Traditionally, the agent acted as a field underwriter. Insurance was sold face to face in the individual market, at the office or the kitchen table. Agents would make a note if the applicant smelled like tobacco, had yellow fingernails, if there was an ashtray on the coffee table, or if they were so fat they had to put their belt on with a boomerang.

It was an important part of the fraud prevention process and was necessary to price risk appropriately in the individual market, where adverse selection is at its most dangerous.

Website selling eliminates the agent... A valuable bullshit detector.

Jason said...

Traditionally, the agent acted as a field underwriter. Insurance was sold face to face in the individual market, at the office or the kitchen table. Agents would make a note if the applicant smelled like tobacco, had yellow fingernails, if there was an ashtray on the coffee table, or if they were so fat they had to put their belt on with a boomerang.

It was an important part of the fraud prevention process and was necessary to price risk appropriately in the individual market, where adverse selection is at its most dangerous.

Website selling eliminates the agent... A valuable bullshit detector.

FullMoon said...

Smilin' Jack said...

And you know smokers are rebels.

People start smoking because they see people around them smoking and they want desperately to fit in and be like everyone else. They're pathetic conformists. And they stink.


So, Jack, the ex was a smoker. eh?

Darrell said...

The best study on the cost of smoking and lifetime health care cost was done by the Canadians--and is so thorough that it unlikely ever to be repeated. It found that costs for smokers are considerably lower--more than 33%.
They should charge MORE for nonsmokers, but go ahead and play your little games based on "intuition."

Alexander said...

Great idea, Darrell. Yes, let's have the government give a mandated incentive to those who statistically speaking kill themselves off before social security kicks in.

That's a society worth making!

lgv said...

One again, the Drill SGT hits the nail on the head. Singling out smokers goes against the whole model. Yet, it is a political decision.

The key is to not sign up until you get the smoking related illness. You didn't pay the 50% premium, yet you get your coverage because it covers pre-existing conditions.

jr565 said...

Do you smoke?
Does it cost more if I do?
Yes.
Then, No. I don't smoke.

verification complete.

jr565 said...

What about poor smokers? they get the subsidy normally. Do they pay regular price?
What if they can't pay, because they're, like, poor and stuff?
doesn't Obama want poor people to have insurance?
And what if they have lung cancer because of smoking.

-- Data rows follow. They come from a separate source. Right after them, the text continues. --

-- ===== src/Indexer/Queue/Fifo.antt =====
-- BoundedEventQueue.ts loses, repeats and reorders nothing.
use audio_block_backend.Base.{
  ℕ, ◌<◌, min, ◌≡◌, refl, sym, ap, ◌∙◌, true, false, List, [], ◌∷◌, ◌++◌, append-nil, append_assoc,
  arith, ◌==◌, if◌then◌else◌, length, take, drop, take-append-drop,
}
use audio_block_backend.Indexer.Queue.{
  Queue, is_empty, is_full, try_enqueue, enqueue, resume, dequeue_batch, drain, clear,
}

pub data Call {ℓ} (A : Type ℓ) : Type ℓ where
  tries waits : A → Call A
  resumes : Call A
  takes : ℕ → Call A
  drains clears : Call A

module _ {ℓ} {A : Type ℓ} where
  -- What a call puts in, as its caller sees it: by the result of `tryEnqueue`, or as the item whose
  -- `enqueue` returns.
  pub entered : Call A → Queue A → List A
  entered (tries a) q = if (try_enqueue a q).1 then a ∷ [] else []
  entered (waits a) q = if is_full q then [] else a ∷ []
  entered resumes q = elim q.woken [ [] ↦ [] | a ∷ rest ↦ if is_full q then [] else a ∷ [] ]
  entered (takes n) q = []
  entered drains q = []
  entered clears q = []

  -- What a call hands to its caller, or drops where it clears the queue.
  pub removed : Call A → Queue A → List A
  removed (takes n) q = (dequeue_batch n q).0
  removed drains q = (drain q).0
  removed clears q = q.items
  removed _ q = []

  pub after : Call A → Queue A → Queue A
  after (tries a) q = (try_enqueue a q).0
  after (waits a) q = enqueue a q
  after resumes q = resume q
  after (takes n) q = (dequeue_batch n q).1
  after drains q = (drain q).1
  after clears q = clear q

  pub run : List (Call A) → Queue A → Queue A
  run [] q = q
  run (c ∷ cs) q = run cs (after c q)

  pub all_entered : List (Call A) → Queue A → List A
  all_entered [] q = []
  all_entered (c ∷ cs) q = entered c q ++ all_entered cs (after c q)

  pub all_removed : List (Call A) → Queue A → List A
  all_removed [] q = []
  all_removed (c ∷ cs) q = removed c q ++ all_removed cs (after c q)

  -- A batch from a queue that is not empty is its front, and the rest stays.
  pub dequeue_batch_lem :
      (n : ℕ) (q : Queue A)
      → 0 < n
      → is_empty q ≡ false
      → let k = min n (length q.items) in
        dequeue_batch n q ≡ (
          take k q.items,
          record {
            max_size = q.max_size;
            items = drop k q.items;
            waiters = [];
            woken = q.woken ++ q.waiters;
          },
        )
  unfolding dequeue_batch
  dequeue_batch_lem n q pos e = ground arith

  step_takes :
      (n : ℕ) (q : Queue A) → q.items ++ [] ≡ (dequeue_batch n q).0 ++ (dequeue_batch n q).1.items
  unfolding dequeue_batch
  step_takes n q =
      ground (arith, append-nil q.items, take-append-drop (min n (length q.items)) q.items)

  step_fifo : (c : Call A) (q : Queue A) → q.items ++ entered c q ≡ removed c q ++ (after c q).items
  unfolding entered removed after try_enqueue enqueue resume dequeue_batch drain clear
  step_fifo (tries a) q = ground (arith, append-nil q.items)
  step_fifo (waits a) q = ground (arith, append-nil q.items)
  step_fifo resumes q = ground (arith, append-nil q.items)
  step_fifo (takes n) q = step_takes n q
  step_fifo drains q = step_takes (length q.items) q
  step_fifo clears q = refl

  -- Over any interleaving of all the calls that change the queue, what was in the queue and what
  -- entered it is, in this order, what left it and what is still there; what leaves is what a batch
  -- or a drain hands over, and what a clear drops.
  pub run_fifo :
      (cs : List (Call A)) (q : Queue A)
      → q.items ++ all_entered cs q ≡ all_removed cs q ++ (run cs q).items
  unfolding run all_entered all_removed
  run_fifo [] q = append-nil q.items
  run_fifo (c ∷ cs) q =
      sym (append_assoc q.items (entered c q) _)
      ∙ ap (λ l. l ++ all_entered cs (after c q)) (step_fifo c q)
      ∙ append_assoc (removed c q) (after c q).items _
      ∙ ap (λ l. removed c q ++ l) (run_fifo cs (after c q))
      ∙ sym (append_assoc (removed c q) _ _)

  pub is_empty_of_nil : (q : Queue A) → q.items ≡ [] → is_empty q ≡ true
  unfolding is_empty
  is_empty_of_nil q e = ap (λ l. length l == 0) e

  pub is_empty_of_cons : (q : Queue A) {x : A} {xs : List A} → q.items ≡ x ∷ xs → is_empty q ≡ false
  unfolding is_empty
  is_empty_of_cons q {xs} e = ap (λ l. length l == 0) e ∙ ground arith

  pub not_full_of_nil : (q : Queue A) → q.items ≡ [] → 0 < q.max_size → is_full q ≡ false
  unfolding is_full
  not_full_of_nil q e h = ground (arith, ap length e)
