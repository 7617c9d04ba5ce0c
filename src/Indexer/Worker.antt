-- ===== src/Indexer/Worker.antt =====
-- src/workers/indexer/IndexerWorker.ts: one poll cycle of one contract. The timers of `start` and
-- the log are left out.
pub mod Flush
pub mod Persist
pub mod Poll
use audio_block_backend.Base.{
  ℕ, zero, suc, ◌+◌, ◌-◌, ◌*◌, ◌/◌, ◌%◌, ◌^◌, ◌≤◌, ◌<◌, min, max, compare, Ordering, ◌≡◌, refl, sym,
  ap, ◌∙◌, subst, fun_ext, ◌≢◌, ◌↔◌, ◌⊎◌, inl, inr, Bool, true, false, not, ◌&&◌, ◌||◌, Option,
  none, some, List, [], ◌∷◌, ◌++◌, map, append-nil, append_assoc, arith, String, eq_iff, ltb, leb,
  ◌==◌, if◌then◌else◌, ltb→lt, lt→ltb, leb→le, ==_iff, tests, Bool-cases, Option-cases, List-cases,
  or-false_right, some_unique, Outcome, Ensures, refuse, ◌>>=◌, >>=-ok_inv, ◌>>◌, >>=-Ensures,
  refuse-Ensures, Ensures-ok, Ensures-weaken, find_row, save_row, select_rows, delete_rows,
  count_rows, find_row_fits, find_row-save_row, find_row-save_row_other, find_row-delete_rows,
  find_row-delete_rows_other, find_row-append, find_row-append_some, count_rows-append,
  count_option, count_rows-save_row, select_rows-append, select_rows-delete_rows_other,
  select_rows-map_other, find_row-map, count_rows-map, count_rows-delete_rows, count_rows-none,
  delete_rows-append, find_row-append_other, find_row-uncounted, save_row-append, str_eq,
  str_eq_refl, ◌+s◌, non_empty, or_text, or_else, decimal, join_with, length, get_elem?, set,
  length-append, length-set, get_elem?-set_self, get_elem?-set_ne, get_or, take, drop, replicate,
  take-append-drop, length-take, length-drop, length-replicate, length-map, take-eq_self, trim, ok,
  err, gives, throws,
}
use audio_block_backend.Indexer.Queue.{Queue}
use audio_block_backend.Indexer.Queue
use audio_block_backend.Indexer.Guard.{ReorgGuard, update_cursor}
use audio_block_backend.Indexer.Events.{IndexedEvent, InsertIndexedEvent, Store, Save, upsert_event}
use audio_block_backend.Indexer.Cursors.{IndexerCursor, record_progress}
use audio_block_backend.Indexer.Reader.{ContractEvent, EventsPage}

pub record IndexerContract : Type 0 where
  pub contract_type : String
  pub contract_id : String
  pub decode : ContractEvent → Option InsertIndexedEvent

-- What a cycle runs in: the configuration, the database's answers to the saves of events, to those of
-- the cursor (one at most for each page of the cycle, by its number) and to that of an error, the
-- time, whether `stop` has been called when a number of pages has been drained, and the message of an
-- error that is thrown.
pub record Env : Type 0 where
  pub network : String
  pub page_size : ℕ
  pub max_queue_size : ℕ
  pub write_batch_size : ℕ
  pub db : ℕ → Save
  pub cursor_saved : ℕ → Bool
  pub error_saved : Bool
  pub now : ℕ
  pub stopped : ℕ → Bool
  pub failure : String

-- The tables, the worker's guard for the contract and its depth gauge, the queue at hand, and the
-- counters of the call at hand.
pub record State : Type 0 where
  pub store : Store
  pub cursors : List IndexerCursor
  pub guard : ReorgGuard
  pub queue_depth : ℕ
  pub queue : Queue InsertIndexedEvent
  pub processed : ℕ
  pub skipped : ℕ
  pub errors : ℕ

-- `persistProgress` returns, or throws the error of the save of the cursor.
pub data Persisting : Type 0 where
  returned : State → Persisting
  thrown : State → Persisting

unfoldable pub counted : Option IndexedEvent → Store → State → State
counted none store s = record s { store = store; errors = s.errors + 1 }
counted (some row) store s = record s { store = store; processed = s.processed + 1 }

module _ (env : Env) where
  -- The body of the inner loop of `flushQueue`: an error is counted and does not stop the batch.
  unfoldable pub write_one : InsertIndexedEvent → State → State
  unfolding counted
  write_one dto s =
      let (row, store) = upsert_event env.db env.now dto s.store in counted row store s

  unfoldable pub write_batch : List InsertIndexedEvent → State → State
  write_batch [] s = s
  write_batch (dto ∷ batch) s = write_batch batch (write_one dto s)

  unfoldable pub flush_round : State → State
  unfolding write_batch
  flush_round s =
      let (batch, q) = Queue.dequeue_batch env.write_batch_size s.queue in
      let s' = write_batch batch (record s { queue = q }) in
      record s' { queue_depth = Queue.size q }

  -- `none`: the queue is not empty when the rounds are used up.
  unfoldable pub flush_loop : ℕ → State → Option State
  unfolding flush_round
  flush_loop zero s = if Queue.is_empty s.queue then some s else none
  flush_loop (suc n) s =
      let rest = flush_loop n (flush_round s) in if Queue.is_empty s.queue then some s else rest

  -- A round takes at least one item, so there are at most as many rounds as items.
  unfoldable pub flush_queue : State → Option State
  unfolding flush_loop
  flush_queue s = flush_loop (length s.queue.items) s

  unfoldable pub push_one : InsertIndexedEvent → State → State
  push_one dto s =
      let q = (Queue.try_enqueue dto s.queue).0 in
      record s { queue = q; queue_depth = Queue.size q }

  -- Where the queue is full it is flushed first.
  unfoldable pub buffer_one : InsertIndexedEvent → State → Option State
  unfolding flush_queue push_one
  buffer_one dto s =
      if Queue.is_full s.queue
      then elim (flush_queue s) [ none ↦ none | some t ↦ some (push_one dto t) ]
      else some (push_one dto s)

  unfoldable pub buffer_events :
      (ContractEvent → Option InsertIndexedEvent) → List ContractEvent → State → Option State
  unfolding buffer_one
  buffer_events decode [] s = some s
  buffer_events decode (ev ∷ events) s = elim (decode ev) [
    | none ↦ buffer_events decode events (record s { skipped = s.skipped + 1 })
    | some dto ↦ elim (buffer_one dto s) [ none ↦ none | some t ↦ buffer_events decode events t ]
  ]

  -- `page.events.reduce((max, ev) => Math.max(max, ev.ledger), prevLedger)`
  unfoldable pub highest_ledger : ℕ → List ContractEvent → ℕ
  highest_ledger top [] = top
  highest_ledger top (ev ∷ events) = highest_ledger (max top ev.ledger) events

  -- A save of the cursor that fails is thrown, before the guard is updated.
  unfoldable pub advance : IndexerContract → ℕ → Bool → List ContractEvent → State → Persisting
  unfolding highest_ledger
  advance contract prev_ledger saves events s =
      let highest = highest_ledger prev_ledger events in
      if ltb 0 s.processed || ltb prev_ledger highest
      then (if saves
          then returned (record s {
            cursors =
                record_progress contract.contract_id env.network highest s.processed none s.cursors;
            guard = update_cursor highest s.guard;
          })
          else thrown s)
      else returned s

  -- The queue is the one in the state, shared or fresh.
  unfoldable pub persist_progress :
      IndexerContract → EventsPage → ℕ → Bool → State → Option Persisting
  unfolding buffer_events flush_queue advance
  persist_progress contract page prev_ledger saves s =
      elim (buffer_events contract.decode page.events
        (record s { processed = 0; skipped = 0; errors = 0 })) [
          | none ↦ none
          | some t ↦ elim (flush_queue t) [
            | none ↦ none
            | some u ↦ some (advance contract prev_ledger saves page.events u)
          ]
        ]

Is that a precondition. I thought that the insurance companies can't deny people with preconditions.

jr565 said...

Screening for nicotine metabolites will catch not just smokers, but people who have stopped smoking but used other nicotine delivery systems (patches, Nicorette, e-cigs) to do so.

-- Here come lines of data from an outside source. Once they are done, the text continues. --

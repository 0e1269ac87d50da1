-- ===== src/Modem/FrameOutput/Slots.antt =====
-- A frame that was pushed stays in its slot.
use packet_radio_rs.Base.{
  ℕ, zero, suc, ◌+◌, ◌%◌, ◌^◌, ◌≤◌, ◌<◌, ◌≡◌, ◌≢◌, refl, sym, ap, ◌∙◌, arith, min, true, false,
  none, some, List, [], ◌∷◌, ◌++◌, leb, ◌⊎◌, inl, inr, Bool-cases, length, length-take, length-set,
  get_or, set, take, take-append, drop,
}
use packet_radio_rs.Modem.FrameOutput.{
  max_frame_size, DecodedFrame, FrameOutputBuffer, blank, frame, store, push_with_cost, replace,
}

get_or-set :
    (fs : List DecodedFrame) (i : ℕ) (f : DecodedFrame)
    → i < length fs
    → get_or (set fs i f) i blank ≡ f
get_or-set [] i f h = absurd (omega arith)
get_or-set (x ∷ fs) zero f h = refl
get_or-set (x ∷ fs) (suc i) f h = get_or-set fs i f (omega arith)

get_or-set_other :
    (fs : List DecodedFrame) (i j : ℕ) (f : DecodedFrame)
    → i ≢ j
    → get_or (set fs i f) j blank ≡ get_or fs j blank
get_or-set_other [] i j f h = refl
get_or-set_other (x ∷ fs) zero zero f h = absurd (h refl)
get_or-set_other (x ∷ fs) zero (suc j) f h = refl
get_or-set_other (x ∷ fs) (suc i) zero f h = refl
get_or-set_other (x ∷ fs) (suc i) (suc j) f h = get_or-set_other fs i j f (λ e. h (ap suc e))

-- The bytes that a stored frame shows.
store_lem :
    (f : DecodedFrame) (bytes : List ℕ) (cost : ℕ)
    → take (store f bytes cost).len (store f bytes cost).data_bytes ≡ take max_frame_size bytes
unfolding store
store_lem f bytes cost =
    let len = min (length bytes) max_frame_size in
    let kept : len ≡ length (take len bytes) = omega (arith, length-take len bytes) in
    ap (λ (t : ℕ). take t (take len bytes ++ drop len f.data_bytes)) kept
    ∙ take-append (take len bytes) (drop len f.data_bytes)
    ∙ shorter max_frame_size bytes
  where
    nothing : (k : ℕ) → take {A = ℕ} k [] ≡ []
    nothing zero = refl
    nothing (suc k) = refl

    shorter : (n : ℕ) (xs : List ℕ) → take (min (length xs) n) xs ≡ take n xs
    shorter n [] = nothing (min 0 n) ∙ sym (nothing n)
    shorter zero (x ∷ xs) =
        let e : min (suc (length xs)) 0 ≡ 0 = omega arith in ap (λ (t : ℕ). take t (x ∷ xs)) e
    shorter (suc n) (x ∷ xs) =
        let e : min (suc (length xs)) (suc n) ≡ suc (min (length xs) n) = omega arith in
        ap (λ (t : ℕ). take t (x ∷ xs)) e ∙ ap (◌∷◌ x) (shorter n xs)

-- What a write to a slot leaves.
pub record IsStored (b after : FrameOutputBuffer) (slot : ℕ) (bytes : List ℕ) : Type 0 where
  pub shown : frame after slot ≡ take max_frame_size bytes
  pub others : (j : ℕ) → slot ≢ j → frame after j ≡ frame b j
  pub size : length after.frames ≡ length b.frames

stored :
    (b : FrameOutputBuffer) (slot count cost : ℕ) (bytes : List ℕ)
    → slot < length b.frames
    → IsStored b
        (record {
          frames = set b.frames slot (store (get_or b.frames slot blank) bytes cost);
          count = count;
        })
        slot
        bytes
unfolding frame
stored b slot count cost bytes h =
    let f = store (get_or b.frames slot blank) bytes cost in
    record {
      shown =
          ap (λ (g : DecodedFrame). take g.len g.data_bytes) (get_or-set b.frames slot f h)
          ∙ store_lem (get_or b.frames slot blank) bytes cost;
      others = λ j ne.
          ap (λ (g : DecodedFrame). take g.len g.data_bytes)
            (get_or-set_other b.frames slot j f ne);
      size = length-set b.frames slot f;
    }

-- With a free place, `push_with_cost` returns the slot as a byte and counts one frame more, the
-- slot then shows the first 330 of the bytes, and every other slot shows what it did; a full buffer
-- returns none and is left as it is.
pub push_with_cost_lem :
    (b : FrameOutputBuffer) (bytes : List ℕ) (cost : ℕ)
    → let r = push_with_cost b bytes cost in
      ((b.count < length b.frames)
        × (r.0 ≡ some (b.count % 2 ^ 8))
        × (r.1.count ≡ b.count + 1)
        × IsStored b r.1 b.count bytes)
      ⊎ ((length b.frames ≤ b.count) × (r ≡ (none, b)))
unfolding push_with_cost
push_with_cost_lem b bytes cost = elim (Bool-cases (leb (length b.frames) b.count)) [
  | inl full ↦ let h : length b.frames ≤ b.count = ground (arith, full) in rw full (inr (h, refl))
  | inr room ↦
      let h : b.count < length b.frames = ground (arith, room) in
      rw room (inl (h, refl, refl, stored b b.count (b.count + 1) cost bytes h))
]

-- For a slot in use, `replace` succeeds, the slot then shows the first 330 of the bytes, and every
-- other slot shows what it did; for any other slot it fails and changes nothing.
pub replace_lem :
    (b : FrameOutputBuffer) (slot cost : ℕ) (bytes : List ℕ)
    → b.count ≤ length b.frames
    → let r = replace b slot bytes cost in
      ((slot < b.count) × (r.0 ≡ true) × (r.1.count ≡ b.count) × IsStored b r.1 slot bytes)
      ⊎ ((b.count ≤ slot) × (r ≡ (false, b)))
unfolding replace
replace_lem b slot cost bytes v = elim (Bool-cases (leb b.count slot)) [
  | inl out ↦ let h : b.count ≤ slot = ground (arith, out) in rw out (inr (h, refl))
  | inr inside ↦
      let h : slot < b.count = ground (arith, inside) in
      rw inside (inl (h, refl, refl, stored b slot b.count cost bytes (omega (arith, h, v))))
]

how are they going to test for this if you're applying on a website?

jr565 said...

herb wrote:
lie say you dont smoke, end up in the hospital with any one of many smoking caused diseases and if the insurance company figures out you were a life long smoker i could see them denying coverage because you lied on your application. I was on the jury in a similar case and the insurance company won.


But I thought Obamacare said insurance companies couldn't deny you coverage based on preconditions?

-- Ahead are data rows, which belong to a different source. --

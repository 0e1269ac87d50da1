-- ===== src/Modem/FrameOutput/Tests.antt =====
-- A buffer of two frames.
use packet_radio_rs.Base.{
  ◌+◌, ◌%◌, ◌^◌, ◌≤◌, ◌<◌, ◌≡◌, refl, arith, ◌⊎◌, true, false, none, some, [], ◌∷◌, length,
}
use packet_radio_rs.Modem.FrameOutput.{
  FrameOutputBuffer, new, push, push_with_cost, replace, is_full, is_empty, store,
}
use packet_radio_rs.Modem.FrameOutput.Slots.{IsStored, push_with_cost_lem, replace_lem}

abbrev one_frame : FrameOutputBuffer
one_frame = (push (new 2) (7 ∷ 8 ∷ [])).1

empty_at_first : (is_empty (new 2) ≡ true) × (is_full (new 2) ≡ false)
unfolding is_empty is_full new
empty_at_first = (refl, refl)

push_with_cost_lem_example :
    let r = push_with_cost (new 2) (1 ∷ 2 ∷ []) 3 in
    (((new 2).count < length (new 2).frames)
      × (r.0 ≡ some ((new 2).count % 2 ^ 8))
      × (r.1.count ≡ (new 2).count + 1)
      × IsStored (new 2) r.1 (new 2).count (1 ∷ 2 ∷ []))
    ⊎ ((length (new 2).frames ≤ (new 2).count) × (r ≡ (none, new 2)))
push_with_cost_lem_example = push_with_cost_lem (new 2) (1 ∷ 2 ∷ []) 3

one_frame_fits : one_frame.count ≤ length one_frame.frames
unfolding push push_with_cost new store
one_frame_fits = omega arith

replace_lem_example :
    let r = replace one_frame 0 (9 ∷ []) 1 in
    ((0 < one_frame.count)
      × (r.0 ≡ true)
      × (r.1.count ≡ one_frame.count)
      × IsStored one_frame r.1 0 (9 ∷ []))
    ⊎ ((one_frame.count ≤ 0) × (r ≡ (false, one_frame)))
replace_lem_example = replace_lem one_frame 0 1 (9 ∷ []) one_frame_fits
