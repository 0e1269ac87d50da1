-- ===== src/Modem/Scrambler.antt =====
-- The G3RUH scrambler and descrambler of core/src/modem/scrambler.rs.
pub mod Sync
mod Tests
use packet_radio_rs.Base.{
  ℕ, ◌+◌, ◌*◌, ◌/◌, ◌%◌, ◌^◌, Bool, true, false, not, List, [], ◌∷◌, bit_and, bit_or, bit_xor, ◌==◌,
  if◌then◌else◌,
}

-- `bit as u32`
abbrev pub bit_value : Bool → ℕ
bit_value b = if b then 1 else 0

-- A scrambler or a descrambler is its shift register.
pub record Descrambler : Type 0 where
  pub shift_reg : ℕ

pub record Scrambler : Type 0 where
  pub shift_reg : ℕ

-- `(bit as u32) ^ tap12 ^ tap17`
pub tapped : ℕ → Bool → ℕ
tapped reg bit =
    let tap12 = bit_and (reg / 2 ^ 11) 1 in
    let tap17 = bit_and (reg / 2 ^ 16) 1 in bit_xor (bit_xor (bit_value bit) tap12) tap17

-- `(shift_reg << 1) | bit`, and then `& 0x1FFFF`.
pub shift_in : ℕ → ℕ → ℕ
shift_in reg bit = bit_and (bit_or (reg * 2 % 2 ^ 32) bit) 0x1FFFF

-- The output bit and the new register.
pub descramble : Descrambler → Bool → Bool × Descrambler
descramble d bit =
    let output = tapped d.shift_reg bit in
    (not (output == 0), record { shift_reg = shift_in d.shift_reg (bit_value bit) })

pub scramble : Scrambler → Bool → Bool × Scrambler
scramble s bit =
    let output = tapped s.shift_reg bit in
    (not (output == 0), record { shift_reg = shift_in s.shift_reg output })

abbrev pub new_descrambler : Descrambler
new_descrambler = record { shift_reg = 0 }

abbrev pub new_scrambler : Scrambler
new_scrambler = record { shift_reg = 0 }

pub reset_descrambler : Descrambler → Descrambler
reset_descrambler d = record { shift_reg = 0 }

pub reset_scrambler : Scrambler → Scrambler
reset_scrambler s = record { shift_reg = 0 }

-- A stream of bits, one after the other.
pub descramble_all : Descrambler → List Bool → List Bool
descramble_all d [] = []
descramble_all d (b ∷ bits) = let (output, d') = descramble d b in output ∷ descramble_all d' bits

pub scramble_all : Scrambler → List Bool → List Bool
scramble_all s [] = []
scramble_all s (b ∷ bits) = let (output, s') = scramble s b in output ∷ scramble_all s' bits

Hammond X. Gritzkofe said...

Sometimes being fair means people at higher risk cannot be charged more.

Sometimes being fair means people at higher risk must be charged more.

Sometimes it's not easy to decide which way is fair. That's why our Government hires people to decide for us.

Thanks.

Theranter said...

Smoking status is already in your EHR, best not to lie.

I have it on decent authority it is being used as a placemarker for the other conditions to be added at the whim of HHS. And let me guess what the next will be, hmm, gun ownership, then body mass, followed by alcohol consumption...

Smoking is just the first of many "nudges" to inflate the premiums in an attempt modify behavior and remove vast amounts of $ from the economy that are then laundered through the govt.